Thriving TwentyOne to Golden TwentyTwo

June is my favorite month ever family! There are a couple reasons why I love the month of June and one of those reasons is simply because it represents the halfway point of the year. June gives me a chance to evaluate the things I have done throughout the year so far and to make necessary adjustments. I also love the month of June because it is the month I made my grand entrance into the world! On June 14th 2019, I would have made 22 trips around the sun. Ahhhhh God is super faithful.

This blog post will be super casual because I simply wanted to share the reasons behind the adjectives I use to describe my year and my expectations for the new year. The adjectives I use to describe my year came to me because I once saw someone I looked up to use adjectives to describe her year as well. However, a couple years ago the Lord casually told me to ask Him what was on His heart for my new year of life and that is when I started taking the whole thing seriously. Some people simply thought that I created a word for my year because I am extra however this Word has proven to be a prophetic statement into my new year.

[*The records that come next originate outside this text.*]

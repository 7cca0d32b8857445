-- ===== src/Schema.antt =====
-- The tables that the stores share: src/harness/storage/schema.sql with its migrations, and the
-- enumerated columns of their CHECK constraints. A time is its number of seconds: the text that
-- `strftime("%Y-%m-%d %H:%M:%S")` gives is ordered as the numbers are.
pub mod Statuses
pub use Statuses.*
use md_harness.Plan.{ExecutionPlan}
use md_harness.Json.{Json, Members}
use md_harness.Prelude.{ℕ, String, Option, List}

-- What one call reads of the outside: `self.clock()`, and SQLite's CURRENT_TIMESTAMP.
pub record Clock : Type 0 where
  pub now : ℕ
  pub current_timestamp : ℕ

pub record TaskRow : Type 0 where
  pub id : ℕ
  pub project_id : Option ℕ
  pub title : String
  pub priority : String
  pub status : TaskStatus
  pub approval_status : ApprovalStatus
  pub assigned_agent : Option String
  pub started_at : Option ℕ
  pub planning_started_at : Option ℕ
  pub validation_started_at : Option ℕ
  pub failed_at : Option ℕ
  pub completed_at : Option ℕ
  pub claim_token : Option String
  pub claimed_at : Option ℕ
  pub claim_expires_at : Option ℕ
  pub execution_epoch : ℕ

pub record AttemptRow : Type 0 where
  pub id : ℕ
  pub task_id : ℕ
  pub agent : Option String
  pub status : AttemptStatus
  pub completed_at : Option ℕ
  pub error_message : Option String
  pub run_id : Option String
  pub claim_token : Option String
  pub claim_expires_at : Option ℕ

pub record DependencyRow : Type 0 where
  pub task_id : ℕ
  pub depends_on_task_id : ℕ
  pub dependency_type : String

pub record ApprovalRow : Type 0 where
  pub task_id : ℕ
  pub status : ApprovalStatus
  pub approved_by : String
  pub reason : Option String

-- The JSON object in `context_data`: the keys that a reader in the storage layer asks for.
pub record ContextData : Type 0 where
  pub tool_invocation_id : Option String
  pub plan : Option ExecutionPlan

pub record CheckpointRow : Type 0 where
  pub task_id : ℕ
  pub phase : String
  pub next_action : NextAction
  pub plan_version : Option ℕ
  pub attempt_id : Option ℕ
  pub reason : Option String
  pub context_data : Option ContextData
  pub next_step_id : Option String
  pub completed_step_ids : List String
  pub plan_fingerprint : Option String
  pub execution_result : Option String
  pub validation_result : Option String
  pub resumed_at : Option ℕ
  pub resume_count : ℕ
  pub invalidated_at : Option ℕ
  pub waiting_reason_code : Option WaitReason
  pub resume_claim_token : Option String
  pub resume_claim_expires_at : Option ℕ
  pub wait_token : Option String
  pub external_resolved_at : Option ℕ
  pub resolved_by : Option String
  pub information_ref : Option String
  pub revision : ℕ

pub record StepApprovalRow : Type 0 where
  pub wait_token : String
  pub task_id : ℕ
  pub plan_version : ℕ
  pub plan_fingerprint : String
  pub step_id : String
  pub tool : String
  pub arguments_fingerprint : String
  pub permission_scope : String
  pub status : ApprovalStatus
  pub decided_by : Option String
  pub decided_at : Option ℕ

-- The JSON object that describes a completed step.
pub record StepResult : Type 0 where
  pub step_id : String
  pub status : String
  pub tool : String
  pub artifacts : List String
  pub changed_files : List String
  pub acceptance_criteria : List ℕ
  pub test_criteria : List ℕ

pub record InvocationRow : Type 0 where
  pub invocation_id : String
  pub task_id : ℕ
  pub plan_fingerprint : String
  pub plan_version : ℕ
  pub step_id : String
  pub tool_name : String
  pub arguments_fingerprint : String
  pub permission_scope : String
  pub status : InvocationStatus
  pub run_count : ℕ
  pub step_result : Option StepResult
  pub completed_at : Option ℕ
  pub resolved_at : Option ℕ
  pub resolved_by : Option String
  pub evidence_ref : Option String

-- A value of an event's payload, before `json.dumps` writes it.
pub data Value : Type 0 where
  text : String → Value
  number : ℕ → Value
  null : Value

pub record EventRow : Type 0 where
  pub task_id : ℕ
  pub event_type : String
  pub payload : List (String × Value)

pub record ReplanRow : Type 0 where
  pub task_id : ℕ
  pub attempt_id : Option ℕ
  pub parent_plan_version : Option ℕ
  pub plan_version : ℕ
  pub reason_code : String
  pub reason_fingerprint : String
  pub plan_fingerprint : Option String

-- What `json.loads` reads stands for the JSON texts of a request; an answer is kept as its text.
pub record InteractionRow : Type 0 where
  pub interaction_id : String
  pub task_id : ℕ
  pub wait_token : String
  pub kind : InteractionKind
  pub prompt : String
  pub response_schema : Json
  pub request_data : Members
  pub response_data : Option String
  pub resume_action : NextAction
  pub plan_version : Option ℕ
  pub plan_fingerprint : Option String
  pub status : InteractionStatus
  pub decided_by : Option String
  pub decided_at : Option ℕ

pub record ArtifactRow : Type 0 where
  pub id : ℕ
  pub task_id : ℕ
  pub path : String
  pub artifact_type : Option String
  pub checksum : Option String
  pub size_bytes : Option ℕ

pub record ProjectRow : Type 0 where
  pub id : ℕ
  pub project_key : Option String

-- Of vault_decision_outbox, the columns without a default.
pub record OutboxRow : Type 0 where
  pub interaction_id : String
  pub project_key : String

-- The connection: what its statements read and write.
pub record Db : Type 0 where
  pub tasks : List TaskRow
  pub attempts : List AttemptRow
  pub dependencies : List DependencyRow
  pub approvals : List ApprovalRow
  pub checkpoints : List CheckpointRow
  pub step_approvals : List StepApprovalRow
  pub invocations : List InvocationRow
  pub bindings : List (ℕ × String)
  pub replans : List ReplanRow
  pub events : List EventRow
  pub interactions : List InteractionRow
  pub artifacts : List ArtifactRow
  pub projects : List ProjectRow
  pub outbox : List OutboxRow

Let me speak a little about how Thriving Twenty One became a thing. Last year was one of the hardest years of my life. I probably would not get through this session without shedding a tear but to be real with you guys, last year was a year of such pruning. In the beginning of that year, I hit rock bottom in my Christian walk. I could not found a way to get up and I figured that I would just lay down and die. I literally lost everything I thought I had to find comfort in and I was left broken. I remember backsliding in my faith and not knowing how or when I got to that point in my life. The truth was that I was not excited to turn 21 years old because at this point I was just ready for God to be done with me. However, that summer the Lord still came to me and strengthened my feeble knees so that I could stand again. That season of my life, the Lord took me back to the basics of my faith so that I could understand who He was. I learned how to crawl, walk, run all over again. In May of 2019, the Lord gave me the Word “Thrive” for my new year. The only explanation He gave for that Word was that He wanted me to become everything He already had in mind this year.

The Lord simply wanted me to align my thoughts with His thoughts and to give up my ways for His ways. To thrive was to simply grow into the woman God called me to be and to be that woman unapologetically. To become all God had called me to, I had to give up a lot of things and to seek God more than ever before. This year, I can truly say that I thrived. Praise God because I was able to achieve a lot this year but I thrived because I grew into a woman after God’s heart. This trip around the sun, I was able to achieve great victories, I was able to walk in my calling more boldly and to love the Lord a lot more.

But this year, I am prophetically declaring it to be my Golden TwentyTwo. When God gave me the word Golden, He allowed me to see that this year will be a lot where He will be processing a lot of things in my life so that I can shine forth like gold. This year will be a year where God shows off His glory in my life. I am super excited for this trip around the sun and I cannot wait to see everything God does.